REQUIRED WORK:
Keep only the lines from the start of the data through the line containing "same_name_self zero a = refl", and output them exactly.

SOURCE INFORMATION:
-- ===== src/Fifos/Named/Lookup.antt =====
-- A fifo that has been created by name is found by it.
use rtai.Base.{
  ℕ, zero, suc, ◌+◌, ◌≤◌, ◌<◌, ◌≡◌, refl, ap, sym, ◌∙◌, List, [], ◌∷◌, arith, length, take,
  take-nil, Bool, true, false, Bool-cases, inl, inr, not, ◌&&◌, ◌==◌, ltb, Option, none, some,
  ==_self,
}
use rtai.Base.Int.{pos}
use rtai.Fifos.State.{Fifo, Fifos, max_fifos}
use rtai.Fifos.State.Frames.{field-set_fifo}
use rtai.Fifos.Lifetime.{set_up, set_opncnt, new_buffer}
use rtai.Fifos.Lifetime.Created.{label, label-set_up, rtf_create-new}
use rtai.Fifos.Named.{
  same_name, set_name, unused, find_unused, find_name, rtf_getfifobyname, rtf_namelen, create_as,
  rtf_named_create,
}

and_false : (b : Bool) → (b && false) ≡ false
and_false true = refl
and_false false = refl

and_left : (a b : Bool) → (a && b) ≡ true → a ≡ true
and_left true b h = refl
and_left false b h = h

same_name_self : (n : ℕ) (a : List ℕ) → same_name n a a ≡ true
unfolding same_name
same_name_self zero a = refl
same_name_self (suc n) [] = refl
same_name_self (suc n) (x ∷ a) = rw (==_self x) (same_name_self n a)

-- The first fifo that is unused; those before it have other names.
record First (m left : ℕ) (name : List ℕ) (s : Fifos) (i : ℕ) : Type 0 where
  at_least : m ≤ i
  below : i < m + left
  is_unused : unused (s.fifo i) ≡ true
  others : (j : ℕ) → m ≤ j → j < i → same_name rtf_namelen name (s.fifo j).name ≡ false

find_unused-First :
    (left m : ℕ) (name : List ℕ) (s : Fifos) (i : ℕ)
    → find_unused left m name s ≡ some i
    → First m left name s i
unfolding find_unused
find_unused-First zero m name s i h = cc
find_unused-First (suc left) m name s i h =
    let x = s.fifo m in
    elim (Bool-cases (same_name rtf_namelen name x.name)) [
      | inl same ↦
          let e : find_unused (suc left) m name s ≡ none = rw (same, find_unused) refl in
          absurd (cc)
      | inr differ ↦ elim (Bool-cases (unused x)) [
        | inl here ↦
            let e : find_unused (suc left) m name s ≡ some m =
              rw (differ, here, find_unused) refl in
            let same : m ≡ i = cc in
            record {
              at_least = omega arith;
              below = omega arith;
              is_unused = ap (λ k. unused (s.fifo k)) (sym same) ∙ here;
              others = λ j a b. absurd (omega arith);
            }
        | inr used ↦
            let e : find_unused (suc left) m name s ≡ find_unused left (m + 1) name s =
              rw (differ, used, find_unused) refl in
            let rest = find_unused-First left (m + 1) name s i (sym e ∙ h) in
            record {
              at_least = omega (arith, rest.at_least);
              below = omega (arith, rest.below);
              is_unused = rest.is_unused;
              others = λ j a b. elim (Bool-cases (m == j)) [
                | inl e ↦
                    let same : m ≡ j = ground arith in
                    ap (λ k. same_name rtf_namelen name (s.fifo k).name) (sym same) ∙ differ
                | inr ne ↦ rest.others j (ground arith) b
              ];
            }
      ]
    ]

find_name-first :
    (left m : ℕ) (name : List ℕ) (s : Fifos) (i : ℕ)
    → m ≤ i
    → i < m + left
    → (not ((s.fifo i).opncnt == 0) && same_name rtf_namelen name (s.fifo i).name) ≡ true
    → ((j : ℕ) → m ≤ j → j < i → same_name rtf_namelen name (s.fifo j).name ≡ false)
    → find_name left m name s ≡ some i
unfolding find_name
find_name-first zero m name s i h k found others = absurd (omega arith)
find_name-first (suc left) m name s i h k found others = elim (Bool-cases (m == i)) [
  | inl e ↦
      let same : m ≡ i = ground arith in
      let here =
        ap (λ k. not ((s.fifo k).opncnt == 0) && same_name rtf_namelen name (s.fifo k).name) same
        ∙ found in
      rw (here, find_name) (ap some same)
  | inr ne ↦
      let later : m < i = ground arith in
      let differ = others m (omega arith) later in
      rw (skip (s.fifo m) differ, find_name)
        (find_name-first left (m + 1) name s i (omega arith) (omega arith) found
          (λ j a b. others j (omega arith) b))
]
  where
    skip :
        (x : Fifo)
        → same_name rtf_namelen name x.name ≡ false
        → (not (x.opncnt == 0) && same_name rtf_namelen name x.name) ≡ false
    skip x d = rw d (and_false (not (x.opncnt == 0)))

unused-closed : (x : Fifo) → unused x ≡ true → x.opncnt ≡ 0
unfolding unused
unused-closed x h = let closed : (x.opncnt == 0) ≡ true = and_left _ _ h in ground arith

take-short : (n : ℕ) (xs : List ℕ) → length xs ≤ n → take n xs ≡ xs
take-short n [] h = take-nil n
take-short zero (x ∷ xs) h = absurd (omega arith)
take-short (suc n) (x ∷ xs) h = ap (◌∷◌ x) (take-short n xs (omega arith))

-- the states between the choice of a fifo and its set-up
abbrev labelled : ℕ → List ℕ → Fifos → Fifos
labelled i name s = set_opncnt i 1 (set_name i name s)

label-labelled_self :
    (i : ℕ) (name : List ℕ) (s : Fifos) → label ((labelled i name s).fifo i) ≡ (name, 1)
label-labelled_self i name s = rw (==_self i) refl

label-labelled_ne :
    (i j : ℕ) (name : List ℕ) (s : Fifos)
    → j < i
    → label ((labelled i name s).fifo j) ≡ label (s.fifo j)
label-labelled_ne i j name s h = let ne : (i == j) ≡ false = ground arith in rw ne refl

module _ (schedule : Fifos → Bool × Fifos) (schedule_timeout : ℕ → Fifos → Bool × Fifos)
    (kmalloc vmalloc : ℕ → Option (List ℕ)) where
  -- rtf_named_create with a name of at most RTF_NAMELEN characters, when there is an unused fifo before
  -- any of that name, and memory for the buffer: it returns the number of the fifo, and then
  -- rtf_getfifobyname of the name returns the same number.
  pub rtf_getfifobyname-rtf_named_create :
      (fuel i size : ℕ) (name buf : List ℕ) (s : Fifos)
      → length name ≤ rtf_namelen
      → find_unused max_fifos 0 name s ≡ some i
      → new_buffer kmalloc vmalloc size ≡ some buf
      → (t : Fifos) × (rtf_named_create schedule schedule_timeout kmalloc vmalloc fuel name size s
          ≡ some (pos i, t))
        × (rtf_getfifobyname name t ≡ pos i)
  unfolding rtf_named_create create_as rtf_getfifobyname
  rtf_getfifobyname-rtf_named_create fuel i size name buf s short free memory =
      let f = find_unused-First max_fifos 0 name s i free in
      let stored = take (rtf_namelen + 1) name in
      let a = set_name i stored s in
      let t = set_up i size buf (labelled i stored s) in
      let same : stored ≡ name = take-short (rtf_namelen + 1) name (omega arith) in
      let closed =
        field-set_fifo (λ x. x.opncnt) (record (s.fifo i) { name = stored }) s i i refl
        ∙ unused-closed (s.fifo i) f.is_unused in
      let made =
        rtf_create-new schedule schedule_timeout kmalloc vmalloc fuel i size buf a
          (omega (arith, f.below)) closed memory in
      let here = label-set_up i size buf (labelled i stored s) i ∙ label-labelled_self i stored s in
      let found =
        ap (λ l. not (l.1 == 0) && same_name rtf_namelen name l.0) here
        ∙ ap (same_name rtf_namelen name) same
        ∙ same_name_self rtf_namelen name in
      let others = λ (j : ℕ) (p : 0 ≤ j) (q : j < i).
        ap (λ l. same_name rtf_namelen name l.0)
          (label-set_up i size buf (labelled i stored s) j ∙ label-labelled_ne i j stored s q)
        ∙ f.others j p q in
      let fits : ltb rtf_namelen (length name) ≡ false = ground arith in
      let first = find_name-first max_fifos 0 name t i f.at_least f.below found others in
      (
        t,
        rw (fits, free, made, rtf_named_create, create_as) refl,
        rw (fits, first, rtf_getfifobyname) refl,
      )
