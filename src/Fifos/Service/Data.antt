-- ===== src/Fifos/Service/Data.antt =====
-- What rtf_put and rtf_get do to the bytes of a fifo.
use rtai.Base.{
  ℕ, ◌-◌, ◌≤◌, ◌≡◌, ap, subst, List, [], ◌++◌, arith, length, take, none, if◌then◌else◌, not, ◌==◌,
  min, true,
}
use rtai.Base.Int.{pos}
use rtai.Mbx.Ring.Window.{contents}
use rtai.Mbx.Ring.Wrap.{IsBuffer}
use rtai.Fifos.State.{Fifos}
use rtai.Fifos.Transfer.Stores.{ring_of, mbx_send_wp-Sent}
use rtai.Fifos.Transfer.{mbx_receive_wp}
use rtai.Fifos.Transfer.Fetches.{Taken, mbx_receive_wp-Taken}
use rtai.Fifos.Service.{valid_fifo, rtf_put, rtf_get}

-- rtf_put on an open fifo whose buffer is in order: it returns the number of bytes that it stores, as
-- many as there is room for, or none while another one is sending; these are the first bytes of the
-- message, they stand behind the old contents, and the buffer is in order.
pub rtf_put-stores :
    (i : ℕ) (msg : List ℕ) (n : ℕ) (s : Fifos)
    → valid_fifo i s ≡ none
    → IsBuffer (ring_of i s)
    → n ≤ length msg
    → let c = if not ((s.fifo i).sndsem.free == 0) then min n (ring_of i s).frbs else 0 in
      let r = rtf_put i msg n s in
      (r.0 ≡ pos c)
      × IsBuffer (ring_of i r.1)
      × (contents (ring_of i r.1) ≡ contents (ring_of i s) ++ take c msg)
unfolding rtf_put
rtf_put-stores i msg n s valid b h =
    let p = mbx_send_wp-Sent i msg n s b h in
    rw (valid, rtf_put) (ap pos (omega (arith, p.rest)), p.buffer, p.appended)

-- rtf_get on an open fifo whose buffer is in order, while no other one is receiving: it returns the
-- number of bytes that it hands over, as many of the n asked for as are there; these and the contents
-- afterwards are the old contents, and the buffer is in order.
pub rtf_get-takes :
    (i n : ℕ) (s : Fifos)
    → valid_fifo i s ≡ none
    → IsBuffer (ring_of i s)
    → not ((s.fifo i).rcvsem.free == 0) ≡ true
    → let r = rtf_get i n s in
      ((r.0).1 ≡ pos (min n (ring_of i s).avbs))
      × IsBuffer (ring_of i r.1)
      × ((r.0).0 ++ contents (ring_of i r.1) ≡ contents (ring_of i s))
      × ((ring_of i r.1).avbs ≡ (ring_of i s).avbs - n)
unfolding rtf_get
rtf_get-takes i n s valid b free =
    let r = mbx_receive_wp i n s in
    let p : Taken n (r.0).0 (r.0).1 (ring_of i s) (ring_of i r.1) =
      subst
        (λ t.
          if t then Taken n (r.0).0 (r.0).1 (ring_of i s) (ring_of i r.1) else (r ≡ (([], n), s)))
        free (mbx_receive_wp-Taken i n s b) in
    rw (valid, rtf_get) (ap pos (omega (arith, p.missing)), p.buffer, p.moved, p.fewer)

TASK ANSWER:
-- ===== src/Fifos/Named/Lookup.antt =====
-- A fifo that has been created by name is found by it.
use rtai.Base.{
  ℕ, zero, suc, ◌+◌, ◌≤◌, ◌<◌, ◌≡◌, refl, ap, sym, ◌∙◌, List, [], ◌∷◌, arith, length, take,
  take-nil, Bool, true, false, Bool-cases, inl, inr, not, ◌&&◌, ◌==◌, ltb, Option, none, some,
  ==_self,
}
use rtai.Base.Int.{pos}
use rtai.Fifos.State.{Fifo, Fifos, max_fifos}
use rtai.Fifos.State.Frames.{field-set_fifo}
use rtai.Fifos.Lifetime.{set_up, set_opncnt, new_buffer}
use rtai.Fifos.Lifetime.Created.{label, label-set_up, rtf_create-new}
use rtai.Fifos.Named.{
  same_name, set_name, unused, find_unused, find_name, rtf_getfifobyname, rtf_namelen, create_as,
  rtf_named_create,
}

and_false : (b : Bool) → (b && false) ≡ false
and_false true = refl
and_false false = refl

and_left : (a b : Bool) → (a && b) ≡ true → a ≡ true
and_left true b h = refl
and_left false b h = h

same_name_self : (n : ℕ) (a : List ℕ) → same_name n a a ≡ true
unfolding same_name
same_name_self zero a = refl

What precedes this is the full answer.